EXERCISE
Each entry below needs to be reproduced exactly as given.

Collected data:
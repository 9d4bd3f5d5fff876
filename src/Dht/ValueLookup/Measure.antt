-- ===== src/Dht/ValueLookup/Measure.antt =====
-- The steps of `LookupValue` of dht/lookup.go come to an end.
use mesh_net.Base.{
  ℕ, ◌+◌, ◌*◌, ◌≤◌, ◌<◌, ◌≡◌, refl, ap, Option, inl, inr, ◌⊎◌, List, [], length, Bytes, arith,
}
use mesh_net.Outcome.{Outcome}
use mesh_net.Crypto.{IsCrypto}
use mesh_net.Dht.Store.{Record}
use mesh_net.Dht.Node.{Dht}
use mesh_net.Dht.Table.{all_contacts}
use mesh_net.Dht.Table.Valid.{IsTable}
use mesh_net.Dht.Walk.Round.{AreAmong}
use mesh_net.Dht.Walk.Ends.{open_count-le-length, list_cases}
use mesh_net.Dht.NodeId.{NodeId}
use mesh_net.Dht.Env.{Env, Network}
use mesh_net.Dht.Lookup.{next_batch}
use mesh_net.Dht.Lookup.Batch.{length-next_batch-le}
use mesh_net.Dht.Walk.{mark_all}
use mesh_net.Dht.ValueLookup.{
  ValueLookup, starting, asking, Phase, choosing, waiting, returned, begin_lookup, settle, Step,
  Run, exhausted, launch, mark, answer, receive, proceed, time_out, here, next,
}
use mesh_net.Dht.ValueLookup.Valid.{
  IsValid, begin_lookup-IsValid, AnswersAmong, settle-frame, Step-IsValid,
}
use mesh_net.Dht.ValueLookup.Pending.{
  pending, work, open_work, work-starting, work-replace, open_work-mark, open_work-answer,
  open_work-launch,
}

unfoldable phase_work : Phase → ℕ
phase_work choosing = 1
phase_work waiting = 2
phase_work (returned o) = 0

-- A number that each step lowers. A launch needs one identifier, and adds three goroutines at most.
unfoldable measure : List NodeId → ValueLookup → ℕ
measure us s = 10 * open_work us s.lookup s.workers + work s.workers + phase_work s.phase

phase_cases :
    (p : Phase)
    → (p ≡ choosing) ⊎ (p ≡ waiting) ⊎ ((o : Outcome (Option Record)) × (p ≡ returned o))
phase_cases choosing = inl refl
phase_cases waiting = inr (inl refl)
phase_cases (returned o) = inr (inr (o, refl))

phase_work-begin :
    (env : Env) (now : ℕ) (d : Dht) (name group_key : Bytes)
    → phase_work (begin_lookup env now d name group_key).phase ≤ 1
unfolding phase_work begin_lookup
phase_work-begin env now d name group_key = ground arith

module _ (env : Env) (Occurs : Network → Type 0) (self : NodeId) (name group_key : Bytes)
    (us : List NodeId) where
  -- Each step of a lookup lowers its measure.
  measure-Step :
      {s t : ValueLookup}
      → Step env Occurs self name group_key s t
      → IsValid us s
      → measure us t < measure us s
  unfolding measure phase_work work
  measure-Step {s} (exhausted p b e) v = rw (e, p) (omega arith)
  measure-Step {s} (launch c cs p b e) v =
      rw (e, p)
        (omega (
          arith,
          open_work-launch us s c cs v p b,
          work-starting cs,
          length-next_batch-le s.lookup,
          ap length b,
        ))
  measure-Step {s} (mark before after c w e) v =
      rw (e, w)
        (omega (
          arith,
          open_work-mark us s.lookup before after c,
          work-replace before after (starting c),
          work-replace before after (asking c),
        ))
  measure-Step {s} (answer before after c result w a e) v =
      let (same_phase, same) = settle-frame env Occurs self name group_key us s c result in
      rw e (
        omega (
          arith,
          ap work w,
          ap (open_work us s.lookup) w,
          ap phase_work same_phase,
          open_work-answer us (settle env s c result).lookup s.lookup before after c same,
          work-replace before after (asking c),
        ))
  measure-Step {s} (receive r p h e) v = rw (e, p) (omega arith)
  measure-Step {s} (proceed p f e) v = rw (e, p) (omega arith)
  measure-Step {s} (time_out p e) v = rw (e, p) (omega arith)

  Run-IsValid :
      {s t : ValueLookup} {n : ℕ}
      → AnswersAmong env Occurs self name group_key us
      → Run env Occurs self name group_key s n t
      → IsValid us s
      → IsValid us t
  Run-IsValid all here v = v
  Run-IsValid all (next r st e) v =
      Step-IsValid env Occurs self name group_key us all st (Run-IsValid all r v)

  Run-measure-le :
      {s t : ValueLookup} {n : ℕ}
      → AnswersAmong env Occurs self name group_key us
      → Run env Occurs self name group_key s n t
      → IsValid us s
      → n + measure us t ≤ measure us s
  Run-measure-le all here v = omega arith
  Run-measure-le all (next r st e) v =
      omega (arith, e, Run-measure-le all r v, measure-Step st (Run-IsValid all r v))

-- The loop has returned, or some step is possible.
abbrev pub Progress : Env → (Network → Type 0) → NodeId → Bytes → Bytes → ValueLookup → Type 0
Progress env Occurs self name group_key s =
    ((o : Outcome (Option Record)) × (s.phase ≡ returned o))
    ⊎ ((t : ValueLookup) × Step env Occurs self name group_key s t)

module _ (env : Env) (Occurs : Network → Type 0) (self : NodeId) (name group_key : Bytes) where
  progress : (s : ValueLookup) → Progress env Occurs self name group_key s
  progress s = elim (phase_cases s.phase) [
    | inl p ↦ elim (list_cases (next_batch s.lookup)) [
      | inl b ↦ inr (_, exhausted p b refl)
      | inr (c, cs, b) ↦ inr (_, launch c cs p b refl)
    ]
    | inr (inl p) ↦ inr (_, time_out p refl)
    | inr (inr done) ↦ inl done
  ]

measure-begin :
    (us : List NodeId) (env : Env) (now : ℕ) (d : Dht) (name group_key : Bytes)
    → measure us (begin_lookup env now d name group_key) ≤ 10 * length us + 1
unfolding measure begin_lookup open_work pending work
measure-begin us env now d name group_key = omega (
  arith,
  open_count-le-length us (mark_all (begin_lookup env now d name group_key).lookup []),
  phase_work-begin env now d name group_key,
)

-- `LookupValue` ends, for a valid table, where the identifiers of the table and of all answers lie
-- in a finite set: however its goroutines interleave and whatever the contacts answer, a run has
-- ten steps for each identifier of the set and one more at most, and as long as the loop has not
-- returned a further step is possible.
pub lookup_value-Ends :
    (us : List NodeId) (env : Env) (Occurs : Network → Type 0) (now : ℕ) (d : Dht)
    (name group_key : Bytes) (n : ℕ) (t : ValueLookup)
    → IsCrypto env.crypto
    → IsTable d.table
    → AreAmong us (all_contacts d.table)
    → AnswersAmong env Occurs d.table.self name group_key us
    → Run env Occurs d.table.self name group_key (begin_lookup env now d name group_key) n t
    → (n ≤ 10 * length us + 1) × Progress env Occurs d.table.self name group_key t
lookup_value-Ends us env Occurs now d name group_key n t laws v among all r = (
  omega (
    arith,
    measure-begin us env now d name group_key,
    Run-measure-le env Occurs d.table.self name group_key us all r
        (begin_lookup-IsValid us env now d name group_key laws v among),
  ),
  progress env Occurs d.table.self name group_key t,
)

RESPONSE TO THE EXERCISE
repository 9d4bd3f5d5fff876
filename src/Dht/ValueLookup/Measure.antt
-- ===== src/Dht/ValueLookup/Measure.antt =====
-- The steps of `LookupValue` of dht/lookup.go come to an end.
use mesh_net.Base.{
  ℕ, ◌+◌, ◌*◌, ◌≤◌, ◌<◌, ◌≡◌, refl, ap, Option, inl, inr, ◌⊎◌, List, [], length, Bytes, arith,
}
use mesh_net.Outcome.{Outcome}
use mesh_net.Crypto.{IsCrypto}
use mesh_net.Dht.Store.{Record}
use mesh_net.Dht.Node.{Dht}
use mesh_net.Dht.Table.{all_contacts}
use mesh_net.Dht.Table.Valid.{IsTable}
use mesh_net.Dht.Walk.Round.{AreAmong}
use mesh_net.Dht.Walk.Ends.{open_count-le-length, list_cases}
use mesh_net.Dht.NodeId.{NodeId}
use mesh_net.Dht.Env.{Env, Network}
use mesh_net.Dht.Lookup.{next_batch}
use mesh_net.Dht.Lookup.Batch.{length-next_batch-le}
use mesh_net.Dht.Walk.{mark_all}
use mesh_net.Dht.ValueLookup.{
  ValueLookup, starting, asking, Phase, choosing, waiting, returned, begin_lookup, settle, Step,
  Run, exhausted, launch, mark, answer, receive, proceed, time_out, here, next,
}
use mesh_net.Dht.ValueLookup.Valid.{
  IsValid, begin_lookup-IsValid, AnswersAmong, settle-frame, Step-IsValid,
}
use mesh_net.Dht.ValueLookup.Pending.{
  pending, work, open_work, work-starting, work-replace, open_work-mark, open_work-answer,
  open_work-launch,
}

unfoldable phase_work : Phase → ℕ
phase_work choosing = 1
phase_work waiting = 2
phase_work (returned o) = 0

-- A number that each step lowers. A launch needs one identifier, and adds three goroutines at most.
unfoldable measure : List NodeId → ValueLookup → ℕ
measure us s = 10 * open_work us s.lookup s.workers + work s.workers + phase_work s.phase

phase_cases :
    (p : Phase)
    → (p ≡ choosing) ⊎ (p ≡ waiting) ⊎ ((o : Outcome (Option Record)) × (p ≡ returned o))
phase_cases choosing = inl refl
phase_cases waiting = inr (inl refl)
phase_cases (returned o) = inr (inr (o, refl))

phase_work-begin :
    (env : Env) (now : ℕ) (d : Dht) (name group_key : Bytes)
    → phase_work (begin_lookup env now d name group_key).phase ≤ 1
unfolding phase_work begin_lookup
phase_work-begin env now d name group_key = ground arith

module _ (env : Env) (Occurs : Network → Type 0) (self : NodeId) (name group_key : Bytes)
    (us : List NodeId) where
  -- Each step of a lookup lowers its measure.
  measure-Step :
      {s t : ValueLookup}
      → Step env Occurs self name group_key s t
      → IsValid us s
      → measure us t < measure us s
  unfolding measure phase_work work
  measure-Step {s} (exhausted p b e) v = rw (e, p) (omega arith)
  measure-Step {s} (launch c cs p b e) v =
      rw (e, p)
        (omega (
          arith,
          open_work-launch us s c cs v p b,
          work-starting cs,
          length-next_batch-le s.lookup,
          ap length b,
        ))
  measure-Step {s} (mark before after c w e) v =
      rw (e, w)
        (omega (
          arith,
          open_work-mark us s.lookup before after c,
          work-replace before after (starting c),
          work-replace before after (asking c),
        ))
  measure-Step {s} (answer before after c result w a e) v =
      let (same_phase, same) = settle-frame env Occurs self name group_key us s c result in
      rw e (
        omega (
          arith,
          ap work w,
          ap (open_work us s.lookup) w,
          ap phase_work same_phase,
          open_work-answer us (settle env s c result).lookup s.lookup before after c same,
          work-replace before after (asking c),
        ))
  measure-Step {s} (receive r p h e) v = rw (e, p) (omega arith)
  measure-Step {s} (proceed p f e) v = rw (e, p) (omega arith)
  measure-Step {s} (time_out p e) v = rw (e, p) (omega arith)

  Run-IsValid :
      {s t : ValueLookup} {n : ℕ}
      → AnswersAmong env Occurs self name group_key us
      → Run env Occurs self name group_key s n t
      → IsValid us s
      → IsValid us t
  Run-IsValid all here v = v
  Run-IsValid all (next r st e) v =
      Step-IsValid env Occurs self name group_key us all st (Run-IsValid all r v)

  Run-measure-le :
      {s t : ValueLookup} {n : ℕ}
      → AnswersAmong env Occurs self name group_key us
      → Run env Occurs self name group_key s n t
      → IsValid us s
      → n + measure us t ≤ measure us s
  Run-measure-le all here v = omega arith
  Run-measure-le all (next r st e) v =
      omega (arith, e, Run-measure-le all r v, measure-Step st (Run-IsValid all r v))

-- The loop has returned, or some step is possible.
abbrev pub Progress : Env → (Network → Type 0) → NodeId → Bytes → Bytes → ValueLookup → Type 0
Progress env Occurs self name group_key s =
    ((o : Outcome (Option Record)) × (s.phase ≡ returned o))
    ⊎ ((t : ValueLookup) × Step env Occurs self name group_key s t)

module _ (env : Env) (Occurs : Network → Type 0) (self : NodeId) (name group_key : Bytes) where
  progress : (s : ValueLookup) → Progress env Occurs self name group_key s
  progress s = elim (phase_cases s.phase) [
    | inl p ↦ elim (list_cases (next_batch s.lookup)) [
      | inl b ↦ inr (_, exhausted p b refl)
      | inr (c, cs, b) ↦ inr (_, launch c cs p b refl)
    ]
    | inr (inl p) ↦ inr (_, time_out p refl)
    | inr (inr done) ↦ inl done
  ]

measure-begin :
    (us : List NodeId) (env : Env) (now : ℕ) (d : Dht) (name group_key : Bytes)
    → measure us (begin_lookup env now d name group_key) ≤ 10 * length us + 1
unfolding measure begin_lookup open_work pending work
measure-begin us env now d name group_key = omega (
  arith,
  open_count-le-length us (mark_all (begin_lookup env now d name group_key).lookup []),
  phase_work-begin env now d name group_key,
)

-- `LookupValue` ends, for a valid table, where the identifiers of the table and of all answers lie
-- in a finite set: however its goroutines interleave and whatever the contacts answer, a run has
-- ten steps for each identifier of the set and one more at most, and as long as the loop has not
-- returned a further step is possible.
pub lookup_value-Ends :
    (us : List NodeId) (env : Env) (Occurs : Network → Type 0) (now : ℕ) (d : Dht)
    (name group_key : Bytes) (n : ℕ) (t : ValueLookup)
    → IsCrypto env.crypto
    → IsTable d.table
    → AreAmong us (all_contacts d.table)
    → AnswersAmong env Occurs d.table.self name group_key us
    → Run env Occurs d.table.self name group_key (begin_lookup env now d name group_key) n t
    → (n ≤ 10 * length us + 1) × Progress env Occurs d.table.self name group_key t
lookup_value-Ends us env Occurs now d name group_key n t laws v among all r = (
  omega (
    arith,
    measure-begin us env now d name group_key,
    Run-measure-le env Occurs d.table.self name group_key us all r
        (begin_lookup-IsValid us env now d name group_key laws v among),
  ),
  progress env Occurs d.table.self name group_key t,
)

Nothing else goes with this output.